If a husband is discovered to be impotent or infertile, his wife should gladly separate from him to prove she isn't lewd.  (That is, she oughtn't be eager to endure the sexual attentions of a man, even her own husband, for reasons other than procreation.)  If she does not voluntarily separate, "it is my Opinion she shall be forc'd to separate".  Late in the book he clarifies that he's not talking about lifelong marriages where the husband gradually becomes infertile, but only to new marriages where the would-be husband is obviously – "notoriously" – a eunuch.

The message about eunuchs' sexual preferences and activities is unclear.  The author says a eunuch destroys a woman to satisfy his "wicked Passion" although sex makes him feel "the utmost Chagrin and Affliction, because of his wretched Incapacity."   Early in the book, the author quotes St.
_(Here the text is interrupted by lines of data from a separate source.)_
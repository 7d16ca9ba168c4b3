-- ===== src/Prelude/Text.antt =====
-- The functions of string.h on bytes. A string of C is what stands before the first NUL; where a
-- function returns a pointer, the model returns what stands from that pointer on.
pub mod Laws
use Prim.Native.Nat.{ℕ, zero, suc, ◌-◌}
use mathlib.Core.Bool.{Bool, true, false, ◌&&◌, ◌||◌}
use mathlib.Core.Option.{Option, none, some}
use mathlib.Core.List.{List, [], ◌∷◌}
use computer_network.Prelude.Tests.{◌==◌, if◌then◌else◌}
use computer_network.Prelude.Lists.{length, take}

abbrev pub c_string : List ℕ → List ℕ
c_string [] = []
c_string (b ∷ bs) = if b == 0 then [] else b ∷ c_string bs

-- Whether a text begins with another: !strncmp(text, needle, strlen(needle)).
unfoldable pub starts_with : List ℕ → List ℕ → Bool
starts_with [] text = true
starts_with (n ∷ ns) [] = false
starts_with (n ∷ ns) (c ∷ cs) = n == c && starts_with ns cs

unfoldable pub strchr : ℕ → List ℕ → Option (List ℕ)
strchr c [] = none
strchr c (x ∷ xs) = if x == c then some (x ∷ xs) else strchr c xs

unfoldable pub strstr : List ℕ → List ℕ → Option (List ℕ)
strstr needle [] = if starts_with needle [] then some [] else none
strstr needle (x ∷ xs) = if starts_with needle (x ∷ xs) then some (x ∷ xs) else strstr needle xs

-- The bytes of a text before a pointer into it.
abbrev pub before : List ℕ → List ℕ → List ℕ
before text rest = take (length text - length rest) text

-- Whether a byte is one of the delimiters.
unfoldable pub is_delim : List ℕ → ℕ → Bool
is_delim [] c = false
is_delim (d ∷ ds) c = c == d || is_delim ds c

unfoldable pub strspn : List ℕ → List ℕ → ℕ
strspn delims [] = 0
strspn delims (c ∷ cs) = if is_delim delims c then suc (strspn delims cs) else 0

unfoldable pub strcspn : List ℕ → List ℕ → ℕ
strcspn delims [] = 0
strcspn delims (c ∷ cs) = if c == 0 || is_delim delims c then 0 else suc (strcspn delims cs)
Basil at the time of the Arian heresy referring to eunuchs as "jealous," "suspicious," and tormented by lust.  Later in the book, he offers the contradictory stereotype that eunuchs "are never Jealous" and would easily give their wives permission to have affairs (after all, the eunuch Dydimus actively prostituted his wife).

Why read this book?

The book's moral message is poorly argued.  The intended structure was to devote the first half of the book to providing general background on eunuchs and their social position, another quarter to delivering the argument on why eunuchs have no right to marry, and the remainder to addressing counterobjections.  In its actual execution, the text meanders, spills beyond its scope, contains many redundancies, and hastily dismisses counterobjections.  The author also makes the unpersuasive moral assumption that "what is" is of course "what ought to be," i.e. that anti-eunuch stereotypes and discrimination have a reasonable basis and should be perpetuated.  He favors Catholic perspectives and takes it to be obvious that ancient Roman laws and social mores should apply to eighteenth-century France.

While the book contains an impressive, cited catalogue of actual European eunuchs interspersed with diverting European folktales about unfortunate men, it is ultimately limited in its cultural scope.  The review of Persia is wanting.  There are virtually no specific examples from the Ottoman empire and no description of the government, social structure, culture, or religion of Constantinople.  Anticipated words like "Mohammedan" or "seraglio" appear nowhere in the manuscript.  An even more glaring omission is the nation of China with its hundreds of thousands of castrated palace servants.  Perhaps this information was unavailable to the author in French or Latin; had he been aware, he would certainly have mentioned the word "China" somewhere in his book.  With the possible exception of one sentence about a mysterious "Kingdom of Boulan," the slave trade in Africa is also omitted, and with it, the observation that many eunuchs were forbidden from marrying not primarily because of their castration but because they were slaves.

This book gives a vivid impression of what one Renaissance legal scholar thought about the character and sexual morality of contemporary European eunuchs.  Many of his prejudices are expressed with irrational and circular claims.  Once that scope is understood, the book can be enjoyed for its useful references and for its color.